PostgreSQL 9.4
I have a table called customers which has a column income integer. After runnig ANALYZE against it I got the following statistic for the column:
most_common_vals
{20000,80000,40000,60000,100000}
Now, I run the following simple query EXPLAIN ANALYZE SELECT * FROM customers WHERE income=123123 to understand the rows count estimating. Output:
Seq Scan on customers (cost=0.00..738.00 rows=1 width=268) (actual time=4.669..4.669 rows=0 loops=1)
Filter: (income = 123123)
Rows Removed by Filter: 20000
Since the optimizer doesn't have statistic for the income value 123123, it made a wild guess for 0.5% of the table size. So, the estimated row count should have been 500. But the optimizer returned the 1. Why? Maybe I didn't understand the estimating process of row counting of unknown values?
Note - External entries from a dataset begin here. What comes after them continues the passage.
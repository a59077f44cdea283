-- ===== src/Api/Handlers.antt =====
-- internal/app/queue.go and internal/app/voting.go: the handlers of the queue. A handler is one step
-- of the server, with one reading of the clock; what it logs is left out.
use raspi_media_player.Base.{
  ℕ, String, Bool, true, false, not, Option, none, some, List, [], ◌∷◌, ◌&&◌, ◌||◌, same, leb, ltb,
  if◌then◌else◌,
}
use raspi_media_player.Queue.Rows.{Db, Item, Snapshot, Result, ok, err}
use raspi_media_player.Queue.Store.{snapshot, remove, clear, skip, reorder}
use raspi_media_player.Voting.Policy.{VotePolicy, policy}
use raspi_media_player.Voting.Manager.{VoteManager, SkipVoteState, set_vote}
use raspi_media_player.Voting.Manager as Votes
use raspi_media_player.Api.Requests.{
  Identity, Request, Response, error_response, page_response, Server, listener_id, Required,
  refused, expects, required_revision, queue_error, skip_target, skip_key, removal_key, is_admin,
  owns, attach_vote, plain,
}

abbrev pub with_votes : VoteManager → Server → Server
with_votes m s = record s { votes = m }

-- The snapshot with the votes of the listener, as the response.
unfoldable pub reply : ℕ → Request → Snapshot → Server → Server × Response
reply status r snap s =
    let (m, page) = attach_vote (policy s.settings) r snap s.votes in
    (with_votes m s, page_response status page)

unfoldable pub get_queue : Request → Server → Server × Response
unfolding reply
get_queue r s = reply 200 r (snapshot s.db) s

-- After a skip: the vote is cleared, and the listener's votes are attached where it voted.
unfoldable pub skipped :
    Bool → Result (Db × Snapshot) → String → Request → Server → Server × Response
unfolding reply
skipped voted (err e) target r s = (s, queue_error e)
skipped voted (ok (db, snap)) target r s =
    let cleared = record s { db = db; votes = Votes.clear (skip_key target) s.votes } in
    if voted then reply 200 r snap cleared else (cleared, page_response 200 (plain snap))

-- The vote on the current item, and the skip once it has enough.
unfoldable pub vote_on_skip : ℕ → Bool → String → Request → Server → Server × Response
unfolding skipped
vote_on_skip revision vote target r s =
    let (m, v) =
      set_vote (policy s.settings) (skip_key target) target (listener_id r) vote r.now r.now r.now
        s.votes in
    let voted = with_votes m s in
    if vote && leb v.required v.votes
    then skipped true (skip revision s.db) target r voted
    else (voted, page_response 200 (record (plain (snapshot s.db)) { skip_vote = some v }))

abbrev pub skip_at : Required → Bool → Request → Server → Server × Response
skip_at (refused response) vote r s = (s, response)
skip_at (expects revision) vote r s =
    let target = skip_target (snapshot s.db) in
    if not (policy s.settings).enabled || is_admin r.identity
    then skipped false (skip revision s.db) target r s
    else (if same target ""
        then (s, error_response 409 "nothing_playing")
        else vote_on_skip revision vote target r s)

unfoldable pub vote_to_skip : Bool → Request → Server → Server × Response
unfolding vote_on_skip
vote_to_skip vote r s = skip_at (required_revision r.if_match) vote r s

unfoldable pub skip_queue_item : Request → Server → Server × Response
unfolding vote_to_skip
skip_queue_item = vote_to_skip true

unfoldable pub withdraw_skip_vote : Request → Server → Server × Response
unfolding vote_to_skip
withdraw_skip_vote = vote_to_skip false

abbrev pub find_item : String → List Item → Option Item
find_item id [] = none
find_item id (item ∷ items) =
    let rest = find_item id items in if same item.id id then some item else rest

unfoldable pub removed : Result (Db × Snapshot) → String → Request → Server → Server × Response
unfolding reply
removed (err e) id r s = (s, queue_error e)
removed (ok (db, snap)) id r s =
    reply 200 r snap (record s { db = db; votes = Votes.clear (removal_key id) s.votes })

-- Who may remove the item without a vote.
abbrev pub may_remove : VotePolicy → Option Identity → Item → Bool
may_remove p identity target = not p.enabled || owns identity target || is_admin identity

unfoldable pub vote_on_removal : ℕ → Item → String → Request → Server → Server × Response
unfolding removed
vote_on_removal revision target id r s =
    let (m, v) =
      set_vote (policy s.settings) (removal_key id) id (listener_id r) true r.now r.now r.now
        s.votes in
    let voted = with_votes m s in
    if ltb v.votes v.required
    then reply 200 r (snapshot s.db) voted
    else removed (remove id revision s.db) id r voted

unfoldable pub remove_at : Required → Option Item → String → Request → Server → Server × Response
unfolding vote_on_removal
remove_at (refused response) target id r s = (s, response)
remove_at (expects revision) none id r s = (s, error_response 404 "queue_item_not_found")
remove_at (expects revision) (some target) id r s =
    if may_remove (policy s.settings) r.identity target
    then removed (remove id revision s.db) id r s
    else vote_on_removal revision target id r s

unfoldable pub remove_queue_item : String → Request → Server → Server × Response
unfolding remove_at
remove_queue_item id r s =
    remove_at (required_revision r.if_match) (find_item id (snapshot s.db).items) id r s

unfoldable pub withdraw_at : Required → Option Item → String → Request → Server → Server × Response
unfolding reply
withdraw_at (refused response) target id r s = (s, response)
withdraw_at (expects revision) none id r s = (s, error_response 404 "queue_item_not_found")
withdraw_at (expects revision) (some target) id r s =
    let (m, v) =
      set_vote (policy s.settings) (removal_key id) id (listener_id r) false r.now r.now r.now
        s.votes in
    reply 200 r (snapshot s.db) (with_votes m s)

unfoldable pub withdraw_removal_vote : String → Request → Server → Server × Response
unfolding withdraw_at
withdraw_removal_vote id r s =
    withdraw_at (required_revision r.if_match) (find_item id (snapshot s.db).items) id r s

-- The response to a change of the whole queue.
unfoldable pub changed_queue : Result (Db × Snapshot) → Server → Server × Response
changed_queue (err e) s = (s, queue_error e)
changed_queue (ok (db, snap)) s = (record s { db = db }, page_response 200 (plain snap))

-- The body is what `decodeJSON` answers, `none` on its error.
abbrev pub reorder_at : Required → Option (List String) → Server → Server × Response
reorder_at (refused response) body s = (s, response)
reorder_at (expects revision) none s = (s, error_response 400 "invalid_request")
reorder_at (expects revision) (some order) s = changed_queue (reorder order revision s.db) s

unfoldable pub reorder_queue : Option (List String) → Request → Server → Server × Response
unfolding changed_queue
reorder_queue body r s = reorder_at (required_revision r.if_match) body s

abbrev pub clear_at : Required → Server → Server × Response
clear_at (refused response) s = (s, response)
clear_at (expects revision) s = changed_queue (clear revision s.db) s

unfoldable pub clear_queue : Request → Server → Server × Response
unfolding changed_queue
clear_queue r s = clear_at (required_revision r.if_match) s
Couldn't you explain it a bit?
1 Answer 1
Since it was not in most_common_vals, PostgreSQL then looks in the histogram. If there is no histogram, it would conclude the most common values are the only values present in the table, and therefore the estimate for 123123 is zero. But it doesn't allow zero estimates in most places, to prevent div by zero error, and instead clamps it at 1.
0.5% is for cases where there is no information, like for a generic query plan or a join where the value won't be known at planning time.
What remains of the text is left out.